Repeat the records. Leave nothing out.

-----

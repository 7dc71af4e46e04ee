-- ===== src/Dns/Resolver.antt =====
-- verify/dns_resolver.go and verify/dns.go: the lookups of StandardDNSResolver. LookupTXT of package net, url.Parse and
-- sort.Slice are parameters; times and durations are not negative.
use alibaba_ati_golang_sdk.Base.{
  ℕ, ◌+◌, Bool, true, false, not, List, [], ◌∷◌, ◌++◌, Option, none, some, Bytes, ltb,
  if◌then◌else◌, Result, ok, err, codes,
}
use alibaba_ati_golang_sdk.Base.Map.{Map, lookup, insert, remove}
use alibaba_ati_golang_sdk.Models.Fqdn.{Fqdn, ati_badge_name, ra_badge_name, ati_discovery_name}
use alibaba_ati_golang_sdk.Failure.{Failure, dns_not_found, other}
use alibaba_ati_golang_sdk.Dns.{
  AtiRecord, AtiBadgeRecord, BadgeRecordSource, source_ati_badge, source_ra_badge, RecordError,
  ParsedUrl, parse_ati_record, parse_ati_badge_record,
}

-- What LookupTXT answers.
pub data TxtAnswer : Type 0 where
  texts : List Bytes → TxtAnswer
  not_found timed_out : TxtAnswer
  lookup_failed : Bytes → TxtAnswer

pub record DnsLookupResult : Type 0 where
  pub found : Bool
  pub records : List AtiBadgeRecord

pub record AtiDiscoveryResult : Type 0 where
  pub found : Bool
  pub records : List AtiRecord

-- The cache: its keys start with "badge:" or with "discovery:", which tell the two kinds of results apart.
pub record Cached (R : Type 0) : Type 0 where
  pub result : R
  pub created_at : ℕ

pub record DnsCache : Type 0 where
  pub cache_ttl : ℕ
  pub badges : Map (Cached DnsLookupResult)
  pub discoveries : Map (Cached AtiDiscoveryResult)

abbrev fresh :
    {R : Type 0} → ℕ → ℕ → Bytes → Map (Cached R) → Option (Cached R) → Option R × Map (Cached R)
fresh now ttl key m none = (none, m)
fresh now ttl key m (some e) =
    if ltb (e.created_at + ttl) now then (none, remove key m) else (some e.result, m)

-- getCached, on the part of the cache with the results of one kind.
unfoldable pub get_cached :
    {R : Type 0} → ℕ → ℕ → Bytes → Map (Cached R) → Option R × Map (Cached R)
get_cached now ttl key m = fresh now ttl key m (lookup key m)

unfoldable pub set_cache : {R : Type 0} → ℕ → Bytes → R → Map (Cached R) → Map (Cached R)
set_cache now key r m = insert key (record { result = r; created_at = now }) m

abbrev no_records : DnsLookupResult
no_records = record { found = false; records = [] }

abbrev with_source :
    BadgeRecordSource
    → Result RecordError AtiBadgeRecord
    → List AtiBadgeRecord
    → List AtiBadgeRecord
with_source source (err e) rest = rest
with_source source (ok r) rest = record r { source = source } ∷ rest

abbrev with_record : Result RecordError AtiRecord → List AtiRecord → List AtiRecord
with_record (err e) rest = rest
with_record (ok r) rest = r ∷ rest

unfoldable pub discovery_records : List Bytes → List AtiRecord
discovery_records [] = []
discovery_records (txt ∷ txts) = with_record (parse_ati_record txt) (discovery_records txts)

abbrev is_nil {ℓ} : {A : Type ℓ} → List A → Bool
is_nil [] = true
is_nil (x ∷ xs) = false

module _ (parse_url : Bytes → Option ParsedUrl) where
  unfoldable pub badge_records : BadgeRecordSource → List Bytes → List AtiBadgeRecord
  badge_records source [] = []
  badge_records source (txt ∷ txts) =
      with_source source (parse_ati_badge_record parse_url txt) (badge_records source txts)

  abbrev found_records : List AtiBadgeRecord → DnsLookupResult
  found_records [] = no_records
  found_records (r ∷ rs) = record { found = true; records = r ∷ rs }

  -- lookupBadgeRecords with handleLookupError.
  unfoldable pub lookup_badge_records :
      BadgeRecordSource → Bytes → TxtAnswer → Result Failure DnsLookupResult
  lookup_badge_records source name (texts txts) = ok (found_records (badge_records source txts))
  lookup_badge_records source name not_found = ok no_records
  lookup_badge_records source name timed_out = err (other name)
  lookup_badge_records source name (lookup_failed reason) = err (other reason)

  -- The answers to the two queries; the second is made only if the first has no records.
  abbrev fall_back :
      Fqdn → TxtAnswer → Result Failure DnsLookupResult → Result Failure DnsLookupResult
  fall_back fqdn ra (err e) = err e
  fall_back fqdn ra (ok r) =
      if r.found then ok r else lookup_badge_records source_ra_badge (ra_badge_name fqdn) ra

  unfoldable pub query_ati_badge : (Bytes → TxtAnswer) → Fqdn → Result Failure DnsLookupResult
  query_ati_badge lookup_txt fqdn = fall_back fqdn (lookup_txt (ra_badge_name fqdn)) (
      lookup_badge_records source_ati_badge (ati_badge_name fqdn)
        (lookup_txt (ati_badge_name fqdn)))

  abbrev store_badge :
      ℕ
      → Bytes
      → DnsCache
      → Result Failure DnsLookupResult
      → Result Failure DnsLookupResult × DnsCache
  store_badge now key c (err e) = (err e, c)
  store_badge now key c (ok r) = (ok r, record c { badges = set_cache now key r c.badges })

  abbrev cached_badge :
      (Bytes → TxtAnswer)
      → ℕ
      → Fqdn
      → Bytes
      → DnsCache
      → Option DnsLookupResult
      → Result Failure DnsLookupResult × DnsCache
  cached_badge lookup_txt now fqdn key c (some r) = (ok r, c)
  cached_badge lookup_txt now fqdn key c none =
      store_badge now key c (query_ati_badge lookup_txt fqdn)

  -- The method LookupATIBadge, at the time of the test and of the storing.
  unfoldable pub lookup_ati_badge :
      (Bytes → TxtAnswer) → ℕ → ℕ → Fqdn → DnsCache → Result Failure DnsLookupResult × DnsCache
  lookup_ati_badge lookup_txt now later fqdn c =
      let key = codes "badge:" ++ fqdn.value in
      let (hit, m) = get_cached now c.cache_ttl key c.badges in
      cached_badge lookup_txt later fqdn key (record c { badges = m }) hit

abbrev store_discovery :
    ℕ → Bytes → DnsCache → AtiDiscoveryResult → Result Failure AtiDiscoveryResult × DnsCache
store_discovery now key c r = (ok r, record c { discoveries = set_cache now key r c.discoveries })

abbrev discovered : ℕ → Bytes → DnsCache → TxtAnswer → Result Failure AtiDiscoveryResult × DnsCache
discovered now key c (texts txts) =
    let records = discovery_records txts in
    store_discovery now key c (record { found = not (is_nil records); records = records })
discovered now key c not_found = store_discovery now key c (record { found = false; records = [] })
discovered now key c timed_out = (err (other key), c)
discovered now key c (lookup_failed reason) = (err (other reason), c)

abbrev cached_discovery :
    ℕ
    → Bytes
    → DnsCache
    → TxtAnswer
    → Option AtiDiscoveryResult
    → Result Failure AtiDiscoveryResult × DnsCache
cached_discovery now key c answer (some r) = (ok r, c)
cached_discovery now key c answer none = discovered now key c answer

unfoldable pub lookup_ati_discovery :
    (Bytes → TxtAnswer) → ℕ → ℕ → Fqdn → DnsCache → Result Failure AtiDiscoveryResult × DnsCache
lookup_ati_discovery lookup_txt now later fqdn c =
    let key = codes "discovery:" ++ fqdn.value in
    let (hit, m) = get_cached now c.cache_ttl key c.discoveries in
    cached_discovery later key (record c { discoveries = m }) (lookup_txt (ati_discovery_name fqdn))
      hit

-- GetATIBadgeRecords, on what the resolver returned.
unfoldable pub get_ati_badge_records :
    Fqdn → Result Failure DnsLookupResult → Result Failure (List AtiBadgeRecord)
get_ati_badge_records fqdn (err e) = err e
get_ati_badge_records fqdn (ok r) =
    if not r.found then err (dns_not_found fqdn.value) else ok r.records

-----

RESULT OF THIS TASK =>
repository 7dc71af4e46e04ee
-- ===== src/Dns/Resolver.antt =====
-- verify/dns_resolver.go and verify/dns.go: the lookups of StandardDNSResolver. LookupTXT of package net, url.Parse and
-- sort.Slice are parameters; times and durations are not negative.
use alibaba_ati_golang_sdk.Base.{
  ℕ, ◌+◌, Bool, true, false, not, List, [], ◌∷◌, ◌++◌, Option, none, some, Bytes, ltb,
  if◌then◌else◌, Result, ok, err, codes,
}
use alibaba_ati_golang_sdk.Base.Map.{Map, lookup, insert, remove}
use alibaba_ati_golang_sdk.Models.Fqdn.{Fqdn, ati_badge_name, ra_badge_name, ati_discovery_name}
use alibaba_ati_golang_sdk.Failure.{Failure, dns_not_found, other}
use alibaba_ati_golang_sdk.Dns.{
  AtiRecord, AtiBadgeRecord, BadgeRecordSource, source_ati_badge, source_ra_badge, RecordError,
  ParsedUrl, parse_ati_record, parse_ati_badge_record,
}

-- What LookupTXT answers.
pub data TxtAnswer : Type 0 where
  texts : List Bytes → TxtAnswer
  not_found timed_out : TxtAnswer
  lookup_failed : Bytes → TxtAnswer

pub record DnsLookupResult : Type 0 where
  pub found : Bool
  pub records : List AtiBadgeRecord

pub record AtiDiscoveryResult : Type 0 where
  pub found : Bool
  pub records : List AtiRecord

-- The cache: its keys start with "badge:" or with "discovery:", which tell the two kinds of results apart.
pub record Cached (R : Type 0) : Type 0 where
  pub result : R
  pub created_at : ℕ

pub record DnsCache : Type 0 where
  pub cache_ttl : ℕ
  pub badges : Map (Cached DnsLookupResult)
  pub discoveries : Map (Cached AtiDiscoveryResult)

abbrev fresh :
    {R : Type 0} → ℕ → ℕ → Bytes → Map (Cached R) → Option (Cached R) → Option R × Map (Cached R)
fresh now ttl key m none = (none, m)
fresh now ttl key m (some e) =
    if ltb (e.created_at + ttl) now then (none, remove key m) else (some e.result, m)

-- getCached, on the part of the cache with the results of one kind.
unfoldable pub get_cached :
    {R : Type 0} → ℕ → ℕ → Bytes → Map (Cached R) → Option R × Map (Cached R)
get_cached now ttl key m = fresh now ttl key m (lookup key m)

unfoldable pub set_cache : {R : Type 0} → ℕ → Bytes → R → Map (Cached R) → Map (Cached R)
set_cache now key r m = insert key (record { result = r; created_at = now }) m

abbrev no_records : DnsLookupResult
no_records = record { found = false; records = [] }

abbrev with_source :
    BadgeRecordSource
    → Result RecordError AtiBadgeRecord
    → List AtiBadgeRecord
    → List AtiBadgeRecord
with_source source (err e) rest = rest
with_source source (ok r) rest = record r { source = source } ∷ rest

abbrev with_record : Result RecordError AtiRecord → List AtiRecord → List AtiRecord
with_record (err e) rest = rest
with_record (ok r) rest = r ∷ rest

unfoldable pub discovery_records : List Bytes → List AtiRecord
discovery_records [] = []
discovery_records (txt ∷ txts) = with_record (parse_ati_record txt) (discovery_records txts)

abbrev is_nil {ℓ} : {A : Type ℓ} → List A → Bool
is_nil [] = true
is_nil (x ∷ xs) = false

module _ (parse_url : Bytes → Option ParsedUrl) where
  unfoldable pub badge_records : BadgeRecordSource → List Bytes → List AtiBadgeRecord
  badge_records source [] = []
  badge_records source (txt ∷ txts) =
      with_source source (parse_ati_badge_record parse_url txt) (badge_records source txts)

  abbrev found_records : List AtiBadgeRecord → DnsLookupResult
  found_records [] = no_records
  found_records (r ∷ rs) = record { found = true; records = r ∷ rs }

  -- lookupBadgeRecords with handleLookupError.
  unfoldable pub lookup_badge_records :
      BadgeRecordSource → Bytes → TxtAnswer → Result Failure DnsLookupResult
  lookup_badge_records source name (texts txts) = ok (found_records (badge_records source txts))
  lookup_badge_records source name not_found = ok no_records
  lookup_badge_records source name timed_out = err (other name)
  lookup_badge_records source name (lookup_failed reason) = err (other reason)

  -- The answers to the two queries; the second is made only if the first has no records.
  abbrev fall_back :
      Fqdn → TxtAnswer → Result Failure DnsLookupResult → Result Failure DnsLookupResult
  fall_back fqdn ra (err e) = err e
  fall_back fqdn ra (ok r) =
      if r.found then ok r else lookup_badge_records source_ra_badge (ra_badge_name fqdn) ra

  unfoldable pub query_ati_badge : (Bytes → TxtAnswer) → Fqdn → Result Failure DnsLookupResult
  query_ati_badge lookup_txt fqdn = fall_back fqdn (lookup_txt (ra_badge_name fqdn)) (
      lookup_badge_records source_ati_badge (ati_badge_name fqdn)
        (lookup_txt (ati_badge_name fqdn)))

  abbrev store_badge :
      ℕ
      → Bytes
      → DnsCache
      → Result Failure DnsLookupResult
      → Result Failure DnsLookupResult × DnsCache
  store_badge now key c (err e) = (err e, c)
  store_badge now key c (ok r) = (ok r, record c { badges = set_cache now key r c.badges })

  abbrev cached_badge :
      (Bytes → TxtAnswer)
      → ℕ
      → Fqdn
      → Bytes
      → DnsCache
      → Option DnsLookupResult
      → Result Failure DnsLookupResult × DnsCache
  cached_badge lookup_txt now fqdn key c (some r) = (ok r, c)
  cached_badge lookup_txt now fqdn key c none =
      store_badge now key c (query_ati_badge lookup_txt fqdn)

  -- The method LookupATIBadge, at the time of the test and of the storing.
  unfoldable pub lookup_ati_badge :
      (Bytes → TxtAnswer) → ℕ → ℕ → Fqdn → DnsCache → Result Failure DnsLookupResult × DnsCache
  lookup_ati_badge lookup_txt now later fqdn c =
      let key = codes "badge:" ++ fqdn.value in
      let (hit, m) = get_cached now c.cache_ttl key c.badges in
      cached_badge lookup_txt later fqdn key (record c { badges = m }) hit

abbrev store_discovery :
    ℕ → Bytes → DnsCache → AtiDiscoveryResult → Result Failure AtiDiscoveryResult × DnsCache
store_discovery now key c r = (ok r, record c { discoveries = set_cache now key r c.discoveries })

abbrev discovered : ℕ → Bytes → DnsCache → TxtAnswer → Result Failure AtiDiscoveryResult × DnsCache
discovered now key c (texts txts) =
    let records = discovery_records txts in
    store_discovery now key c (record { found = not (is_nil records); records = records })
discovered now key c not_found = store_discovery now key c (record { found = false; records = [] })
discovered now key c timed_out = (err (other key), c)
discovered now key c (lookup_failed reason) = (err (other reason), c)

abbrev cached_discovery :
    ℕ
    → Bytes
    → DnsCache
    → TxtAnswer
    → Option AtiDiscoveryResult
    → Result Failure AtiDiscoveryResult × DnsCache
cached_discovery now key c answer (some r) = (ok r, c)
cached_discovery now key c answer none = discovered now key c answer

unfoldable pub lookup_ati_discovery :
    (Bytes → TxtAnswer) → ℕ → ℕ → Fqdn → DnsCache → Result Failure AtiDiscoveryResult × DnsCache
lookup_ati_discovery lookup_txt now later fqdn c =
    let key = codes "discovery:" ++ fqdn.value in
    let (hit, m) = get_cached now c.cache_ttl key c.discoveries in
    cached_discovery later key (record c { discoveries = m }) (lookup_txt (ati_discovery_name fqdn))
      hit

-- GetATIBadgeRecords, on what the resolver returned.
unfoldable pub get_ati_badge_records :
    Fqdn → Result Failure DnsLookupResult → Result Failure (List AtiBadgeRecord)
get_ati_badge_records fqdn (err e) = err e
get_ati_badge_records fqdn (ok r) =
    if not r.found then err (dns_not_found fqdn.value) else ok r.records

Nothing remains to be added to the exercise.